Measurement of phospho-NF-κB p65 protein by ELISA

The macrophages were treated with CB and LPS in 6-well plates and incubated for 4 h. The cell lysates were collected by chilled cell lysis buffer and incubated on ice for 5 min. Cell lysates were centrifuged, and the supernatants used for the ELISA. The levels of phospho-NF-κB p65 protein were assayed using a commercial kit according to the manufacturer’s instructions.

Statistical analysis

All data are expressed as the mean±SD. Statistical analysis of data was performed using Student’s t-test. Statistical significance was considered at p<0.05 or p<0.01.


Effect of CB on NO production in macrophages

NO is used as a host-defense mechanism by macrophages to fight off pathogens when they enter our bodies and maintain homeostasis.12) Thus, to evaluate the effect of CB on NO production by macrophages stimulated with LPS, we measured NO released during inflammation. NO production decreased in a dose-dependent manner by CB in LPS-induced RAW 264.7 cells (Fig. 1).

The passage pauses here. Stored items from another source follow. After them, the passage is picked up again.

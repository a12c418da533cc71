-- ===== src/Ledger/Payouts/Refund.antt =====
-- Refunds of crates/pool-db/src/queries.rs, `refund_payout`, and reserving followed by refunding.
use zcash_mining_pool.Prelude.{
  ℕ, ◌≡◌, refl, ap, sym, subst, ◌∙◌, Bool, true, List, [], ◌∷◌, arith, length, int_laws, ok,
}
use zcash_mining_pool.Sql.{update, select, delete, sum_by-update, All-update}
use zcash_mining_pool.Ledger.Tables.{Balance, PayoutItem, Db}
use zcash_mining_pool.Ledger.Payouts.{
  paying_covers, release, of_attempt, drop_items, refund_item, refund_items, refund_payout_txn,
  refund_payout,
}
use zcash_mining_pool.Ledger.Payouts.Backing.{IsBacked-keep}
use zcash_mining_pool.Ledger.Payouts.Sound.{
  IsSound, IsSolvent, owed, wealth, IsHoused-update, bookings-update,
}
use zcash_mining_pool.Ledger.Payouts.Settling.{
  IsSettling, start-IsSettling, finish-IsSound, item_covered, item_lowered,
}

abbrev pub refunded : PayoutItem → Db → Db
refunded i db = record db {
  balances = update (paying_covers i.miner_id i.amount) (release i.amount) db.balances;
}

module _ (i : PayoutItem) (todo rest : List PayoutItem) (db : Db)
    (h : IsSettling (i ∷ todo) rest db) where
  abbrev p : Balance → Bool
  p = paying_covers i.miner_id i.amount

  refund_item_ok : refund_item i db ≡ ok (refunded i db)
  unfolding refund_item
  refund_item_ok = ground (arith, item_covered i todo rest db h)

  release-IsSolvent : (b : Balance) → IsSolvent b → p b ≡ true → IsSolvent (release i.amount b)
  release-IsSolvent b s e = omega (int_laws, h.positive.0)

  refunded-IsSettling : IsSettling todo rest (refunded i db)
  refunded-IsSettling = record {
    backed = item_lowered i todo rest db h (release i.amount) (λ b. refl) (λ b. refl);
    audited =
        IsBacked-keep (λ b. b.paid) _ p (release i.amount) (λ b. refl) (λ b. refl) db.balances
          h.audited;
    positive = h.positive.1;
    positive_rest = h.positive_rest;
    housed = IsHoused-update p (release i.amount) (λ b. refl) db.balances todo h.housed.1;
    housed_rest = IsHoused-update p (release i.amount) (λ b. refl) db.balances rest h.housed_rest;
    solvent = All-update IsSolvent p (release i.amount) db.balances release-IsSolvent h.solvent;
    bookings = bookings-update p (release i.amount) (λ b. refl) db.balances db.payouts h.bookings;
  }

  refunded-owed : owed (refunded i db) ≡ owed db
  unfolding owed
  refunded-owed = sum_by-update wealth p (release i.amount) db.balances (λ b _. omega int_laws)

-- The loop of a refund goes through, and only the balances change.
pub record Refunds (todo rest : List PayoutItem) (db db' : Db) : Type 0 where
  pub runs : refund_items todo db ≡ ok db'
  pub settles : IsSettling [] rest db'
  pub keeps : owed db' ≡ owed db
  pub only : db' ≡ record db { balances = db'.balances }

refund_items-Refunds :
    (todo rest : List PayoutItem) (db : Db)
    → IsSettling todo rest db
    → (db' : Db) × Refunds todo rest db db'
unfolding refund_items
refund_items-Refunds [] rest db h =
    (db, record { runs = refl; settles = h; keeps = refl; only = refl })
refund_items-Refunds (i ∷ todo) rest db h =
    let (db', r) =
      refund_items-Refunds todo rest (refunded i db) (refunded-IsSettling i todo rest db h) in
    (
      db',
      record {
        runs = rw (refund_item_ok i todo rest db h) r.runs;
        settles = r.settles;
        keeps = r.keeps ∙ refunded-owed i todo rest db h;
        only = r.only;
      },
    )

-- What a refund of a sound database comes to.
pub record IsReturn (k : ℕ) (db db' : Db) : Type 0 where
  pub runs : refund_payout true k db ≡ (ok (length (select (of_attempt k) db.items)), db')
  pub sound : IsSound db'
  pub keeps : owed db' ≡ owed db
  pub only : db' ≡ record db { balances = db'.balances; items = delete (of_attempt k) db.items }
  pub loop :
      (d : Db) × (refund_items (select (of_attempt k) db.items) db ≡ ok d)
      × (d.balances ≡ db'.balances)

finish-IsReturn :
    (k : ℕ) (db db' : Db)
    → Refunds (select (of_attempt k) db.items) (delete (of_attempt k) db.items) db db'
    → IsReturn k db (drop_items k db')
unfolding refund_payout refund_payout_txn drop_items owed
finish-IsReturn k db db' r =
    let same : db'.items ≡ db.items = ap (λ (d : Db). d.items) r.only in
    record {
      runs = ground (arith, r.runs);
      sound =
          finish-IsSound k db'
            (subst (λ is. IsSettling [] (delete (of_attempt k) is) db') (sym same) r.settles);
      keeps = r.keeps;
      only = ap (drop_items k) r.only;
      loop = (db', r.runs, refl);
    }

pub refund_payout-IsReturn : (k : ℕ) (db : Db) → IsSound db → (db' : Db) × IsReturn k db db'
refund_payout-IsReturn k db h =
    let (db', r) =
      refund_items-Refunds (select (of_attempt k) db.items) (delete (of_attempt k) db.items) db
        (start-IsSettling k db h) in
    (drop_items k db', finish-IsReturn k db db' r)
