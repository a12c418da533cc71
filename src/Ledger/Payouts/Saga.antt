-- ===== src/Ledger/Payouts/Saga.antt =====
-- The payout saga of crates/pool-db/src/queries.rs as a whole: reservations, confirmations and refunds.
use zcash_mining_pool.Prelude.{
  ℕ, ◌≡◌, refl, ap, sym, subst, ◌∙◌, String, Bool, true, List, [], ◌∷◌, ◌++◌, arith, ◌==◌, length,
  Bool-cases, inl, inr, ℤ, pos, ◌+ℤ◌, leb_ℤ, int_laws, parts_of_eq, Result, ok, >>=-eq-ok,
}
use zcash_mining_pool.Sql.{
  update, affected, select, delete, select-delete, delete-delete, delete-snoc,
}
use zcash_mining_pool.Ledger.Tables.{Balance, PayoutItem, Db, DbError}
use zcash_mining_pool.Ledger.Payouts.{
  hold, release, paying_covers, pending_covers, of_attempt, drop_items, reserve_item, reserve_items,
  reserve_payout, confirm_items, confirm_payout_txn, confirm_payout, refund_item, refund_items,
  refund_payout_txn, refund_payout,
}
use zcash_mining_pool.Ledger.Payouts.Backing.{IsBacked}
use zcash_mining_pool.Ledger.Payouts.Sound.{IsSound, owed, reserved}
use zcash_mining_pool.Ledger.Payouts.Reserve.{item_for, reserve_payout-IsSound}
use zcash_mining_pool.Ledger.Payouts.Confirm.{issue, confirm_payout-IsSettlement}
use zcash_mining_pool.Ledger.Payouts.Refund.{refunded, IsReturn, refund_payout-IsReturn}

-- On a sound database a confirmation that commits never fails: it settles every item of the
-- attempt, writes one payout row for each, deletes exactly those items, keeps the tables sound and
-- the sum of all balances as it was.
pub confirm_settles :
    (k : ℕ) (txid : String) (now : ℕ) (db : Db)
    → IsSound db
    → let (r, db') = confirm_payout true k txid now db in
      (r ≡ ok (length (select (of_attempt k) db.items)))
      × IsSound db'
      × (owed db' ≡ owed db)
      × (db'.items ≡ delete (of_attempt k) db.items)
      × (db'.payouts ≡ db.payouts ++ issue txid now db.next_payout (select (of_attempt k) db.items))
confirm_settles k txid now db h =
    let (db', c) = confirm_payout-IsSettlement txid now k db h in
    rw c.runs
      (refl, c.sound, c.keeps, ap (λ (d : Db). d.items) c.only, ap (λ (d : Db). d.payouts) c.only)

-- On a sound database a refund that commits never fails: it releases every item of the attempt,
-- deletes exactly those items, and keeps the tables sound, the payout rows and the sum of all
-- balances.
pub refund_releases :
    (k : ℕ) (db : Db)
    → IsSound db
    → let (r, db') = refund_payout true k db in
      (r ≡ ok (length (select (of_attempt k) db.items)))
      × IsSound db'
      × (owed db' ≡ owed db)
      × (db'.items ≡ delete (of_attempt k) db.items)
      × (db'.payouts ≡ db.payouts)
refund_releases k db h =
    let (db', c) = refund_payout-IsReturn k db h in
    rw c.runs
      (refl, c.sound, c.keeps, ap (λ (d : Db). d.items) c.only, ap (λ (d : Db). d.payouts) c.only)

-- With no item left of the attempt, both settle nothing and change nothing.
module _ (k : ℕ) (db : Db) (none_left : select (of_attempt k) db.items ≡ [])
    (all_kept : delete (of_attempt k) db.items ≡ db.items) where
  confirm_nothing : (txid : String) (now : ℕ) → confirm_payout true k txid now db ≡ (ok 0, db)
  unfolding confirm_payout confirm_payout_txn confirm_items drop_items
  confirm_nothing txid now = ground (arith, none_left, all_kept)

  refund_nothing : refund_payout true k db ≡ (ok 0, db)
  unfolding refund_payout refund_payout_txn refund_items drop_items
  refund_nothing = ground (arith, none_left, all_kept)

-- After a confirmation of a sound database, confirming or refunding the same attempt again finds
-- nothing to do and changes nothing: no reservation is paid twice, and none both paid and refunded.
pub confirm_once :
    (k : ℕ) (txid txid' : String) (now now' : ℕ) (db : Db)
    → IsSound db
    → let db' = (confirm_payout true k txid now db).1 in
      (confirm_payout true k txid' now' db' ≡ (ok 0, db'))
      × (refund_payout true k db' ≡ (ok 0, db'))
confirm_once k txid txid' now now' db h =
    let (db', c) = confirm_payout-IsSettlement txid now k db h in
    let items : db'.items ≡ delete (of_attempt k) db.items = ap (λ (d : Db). d.items) c.only in
    let none_left : select (of_attempt k) db'.items ≡ [] =
      ap (select (of_attempt k)) items ∙ select-delete (of_attempt k) db.items in
    let all_kept : delete (of_attempt k) db'.items ≡ db'.items =
      ap (delete (of_attempt k)) items ∙ delete-delete (of_attempt k) db.items ∙ sym items in
    rw c.runs
      (confirm_nothing k db' none_left all_kept txid' now', refund_nothing k db' none_left all_kept)

-- Row by row the same miner, the same `paid`, and the same sum of `pending` and `paying`.
abbrev SameFunds : List Balance → List Balance → Type 0
SameFunds [] [] = Unit
SameFunds (b ∷ bs) (c ∷ cs) =
    (b.miner_id ≡ c.miner_id)
    × (b.pending +ℤ b.paying ≡ c.pending +ℤ c.paying)
    × (b.paid ≡ c.paid)
    × SameFunds bs cs
SameFunds _ _ = ⊥

SameFunds-refl : (bs : List Balance) → SameFunds bs bs
SameFunds-refl [] = tt
SameFunds-refl (b ∷ bs) = (refl, refl, refl, SameFunds-refl bs)

SameFunds-trans : (bs cs ds : List Balance) → SameFunds bs cs → SameFunds cs ds → SameFunds bs ds
SameFunds-trans [] [] [] h k = tt
SameFunds-trans [] [] (d ∷ ds) h k = absurd k
SameFunds-trans [] (c ∷ cs) ds h k = absurd h
SameFunds-trans (b ∷ bs) [] ds h k = absurd h
SameFunds-trans (b ∷ bs) (c ∷ cs) [] h k = absurd k
SameFunds-trans (b ∷ bs) (c ∷ cs) (d ∷ ds) h k =
    (h.0 ∙ k.0, h.1 ∙ k.1, h.2 ∙ k.2, SameFunds-trans bs cs ds h.3 k.3)

SameFunds-update :
    (p : Balance → Bool) (f : Balance → Balance)
    → ((b : Balance) → (f b).miner_id ≡ b.miner_id)
    → ((b : Balance) → (f b).pending +ℤ (f b).paying ≡ b.pending +ℤ b.paying)
    → ((b : Balance) → (f b).paid ≡ b.paid)
    → (bs : List Balance) → SameFunds (update p f bs) bs
unfolding update
SameFunds-update p f i s q [] = tt
SameFunds-update p f i s q (b ∷ bs) = elim (Bool-cases (p b)) [
  | inl e ↦ rw e (i b, s b, q b, SameFunds-update p f i s q bs)
  | inr e ↦ rw e (refl, refl, refl, SameFunds-update p f i s q bs)
]

-- Where `paying` is backed by the same reservations, the same funds are the same rows.
SameFunds-eq :
    (owe : ℕ → ℤ) (bs cs : List Balance)
    → SameFunds bs cs
    → IsBacked (λ b. b.paying) owe bs
    → IsBacked (λ b. b.paying) owe cs
    → bs ≡ cs
SameFunds-eq owe [] [] h u v = refl
SameFunds-eq owe [] (c ∷ cs) h u v = absurd h
SameFunds-eq owe (b ∷ bs) [] h u v = absurd h
SameFunds-eq owe (b ∷ bs) (c ∷ cs) h u v =
    let paying : b.paying ≡ c.paying = u.0 ∙ ap owe h.0 ∙ sym v.0 in
    let pending : b.pending ≡ c.pending = omega (int_laws, parts_of_eq h.1, parts_of_eq paying) in
    let rows : bs ≡ cs = SameFunds-eq owe bs cs h.3 u.2 v.2 in
    λ j. record { miner_id = h.0 j; pending = pending j; paying = paying j; paid = h.2 j } ∷ rows j

hold-SameFunds :
    (k : ℕ) (x : ℕ × ℤ) (db : Db) → SameFunds (reserve_item k x db).1.balances db.balances
unfolding reserve_item
hold-SameFunds k (m, a) db = elim (Bool-cases (leb_ℤ a (pos 0))) [
  | inl e ↦ rw e (SameFunds-refl db.balances)
  | inr e ↦ elim (Bool-cases (affected (pending_covers m a) db.balances == 0)) [
    | inl z ↦ rw (e, z) (SameFunds-refl db.balances)
    | inr z ↦
        rw (e, z)
          (SameFunds-update (pending_covers m a) (hold a) (λ b. refl) (λ b. omega int_laws)
            (λ b. refl) db.balances)
  ]
]

reserve_items-SameFunds :
    (k : ℕ) (xs : List (ℕ × ℤ)) (db : Db) → SameFunds (reserve_items k xs db).1.balances db.balances
unfolding reserve_items
reserve_items-SameFunds k [] db = SameFunds-refl db.balances
reserve_items-SameFunds k (x ∷ xs) db =
    SameFunds-trans (reserve_items k xs (reserve_item k x db).1).1.balances
      (reserve_item k x db).1.balances db.balances
      (reserve_items-SameFunds k xs (reserve_item k x db).1) (hold-SameFunds k x db)

-- Only balances and items change in a reservation, and deleting its items gives the old ones.
reserve_item-only :
    (k : ℕ) (x : ℕ × ℤ) (db : Db)
    → let db' = (reserve_item k x db).1 in
      (db' ≡ record db { balances = db'.balances; items = db'.items })
      × (delete (of_attempt k) db'.items ≡ delete (of_attempt k) db.items)
unfolding reserve_item
reserve_item-only k (m, a) db = elim (Bool-cases (leb_ℤ a (pos 0))) [
  | inl e ↦ rw e (refl, refl)
  | inr e ↦ elim (Bool-cases (affected (pending_covers m a) db.balances == 0)) [
    | inl z ↦ rw (e, z) (refl, refl)
    | inr z ↦ rw (e, z) (refl, delete-snoc (of_attempt k) db.items (item_for k m a) (ground arith))
  ]
]

pub reserve_items-only :
    (k : ℕ) (xs : List (ℕ × ℤ)) (db : Db)
    → let db' = (reserve_items k xs db).1 in
      (db' ≡ record db { balances = db'.balances; items = db'.items })
      × (delete (of_attempt k) db'.items ≡ delete (of_attempt k) db.items)
unfolding reserve_items
reserve_items-only k [] db = (refl, refl)
reserve_items-only k (x ∷ xs) db =
    let one = reserve_item-only k x db in
    let rest = reserve_items-only k xs (reserve_item k x db).1 in
    let last = (reserve_items k xs (reserve_item k x db).1).1 in
    (
      rest.0 ∙ ap (λ (d : Db). record d { balances = last.balances; items = last.items }) one.0,
      rest.1 ∙ one.1,
    )

refund_item-SameFunds :
    (i : PayoutItem) (db db' : Db) → refund_item i db ≡ ok db' → SameFunds db'.balances db.balances
unfolding refund_item
refund_item-SameFunds i db db' e =
    elim (Bool-cases (affected (paying_covers i.miner_id i.amount) db.balances == 0)) [
      | inl z ↦ cc z
      | inr z ↦
          let same : refunded i db ≡ db' = ground (arith, z) in
          subst (λ (d : Db). SameFunds d.balances db.balances) same
            (SameFunds-update (paying_covers i.miner_id i.amount) (release i.amount) (λ b. refl)
              (λ b. omega int_laws) (λ b. refl) db.balances)
    ]

refund_items-SameFunds :
    (is : List PayoutItem) (db db' : Db)
    → refund_items is db ≡ ok db'
    → SameFunds db'.balances db.balances
unfolding refund_items
refund_items-SameFunds [] db db' e =
    let same : db ≡ db' = cc in
    subst (λ (d : Db). SameFunds d.balances db.balances) same (SameFunds-refl db.balances)
refund_items-SameFunds (i ∷ is) db db' e =
    let (mid, first, rest) = >>=-eq-ok (refund_item i db) (refund_items is) e in
    SameFunds-trans db'.balances mid.balances db.balances (refund_items-SameFunds is mid db' rest)
      (refund_item-SameFunds i db mid first)

refund_payout-SameFunds :
    (k : ℕ) (db db' : Db) → IsReturn k db db' → SameFunds db'.balances db.balances
refund_payout-SameFunds k db db' c =
    let (d, runs, same) = c.loop in
    subst (λ bs. SameFunds bs db.balances) same
      (refund_items-SameFunds (select (of_attempt k) db.items) db d runs)

-- Reserving any pairs under an attempt that holds no item yet, and then refunding the attempt,
-- gives back the sound database that there was.
pub refund-reserve :
    (k : ℕ) (xs : List (ℕ × ℤ)) (db : Db)
    → IsSound db
    → delete (of_attempt k) db.items ≡ db.items
    → (refund_payout true k (reserve_payout true k xs db).1).1 ≡ db
unfolding reserve_payout
refund-reserve k xs db h fresh =
    let mid : Db = (reserve_items k xs db).1 in
    let (db', c) = refund_payout-IsReturn k mid (reserve_payout-IsSound true k xs db h) in
    let was = reserve_items-only k xs db in
    let items : delete (of_attempt k) mid.items ≡ db.items = was.1 ∙ fresh in
    let rows : db'.balances ≡ db.balances =
      SameFunds-eq (reserved db.items) db'.balances db.balances
        (SameFunds-trans db'.balances mid.balances db.balances (refund_payout-SameFunds k mid db' c)
          (reserve_items-SameFunds k xs db))
        (subst (λ is. IsBacked (λ b. b.paying) (reserved is) db'.balances)
          (ap (λ (d : Db). d.items) c.only ∙ items) c.sound.backed)
        h.backed in
    ap (λ (r : Result DbError ℕ × Db). r.1) c.runs
    ∙ c.only
    ∙ ap (λ (d : Db). record d { balances = db'.balances; items = delete (of_attempt k) mid.items })
        was.0
    ∙ (λ j. record db { balances = rows j; items = items j })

Fig. 1. Effect of CB on NO production in RAW 264.7 cells. Cells were treated with LPS and CB at 37°C incubator. After 24 h, cell culture supernatant was collected for assay. Data are representative of at least three independent experiments in duplicate. Data are expressed as means±SD. *<0.05, **<0.01 versus LPS alone based on Student’s t-test.

Effect of CB on pro-inflammatory cytokine expression in macrophages

The production of pro-inflammatory cytokines was measured in the cell supernatants. Macrophages were treated with LPS and CB for 24 h and the supernatants were collected. The protein production and mRNA expression were measured using ELISA and RT-PCR, respectively. The production of TNF-α, IL-1β, and IL-6 was reduced in LPS-stimulated macrophages with CB in a dose-dependent manner (Fig. 2). Additionally, the gene expression levels decreased in CB-treated RAW 264.7 cells (Fig. 3).

Fig. 2. Effect of CB on production of pro-inflammatory cytokine in RAW 264.7 cells. Cells were treated with LPS and CB at 37°C incubator. After 24 h, cell culture supernatant was collected for assay. Data are representative of at least three independent experiments in duplicate. Data are expressed as means±SD. *<0.05, **<0.01 versus LPS alone based on Student’s t-test.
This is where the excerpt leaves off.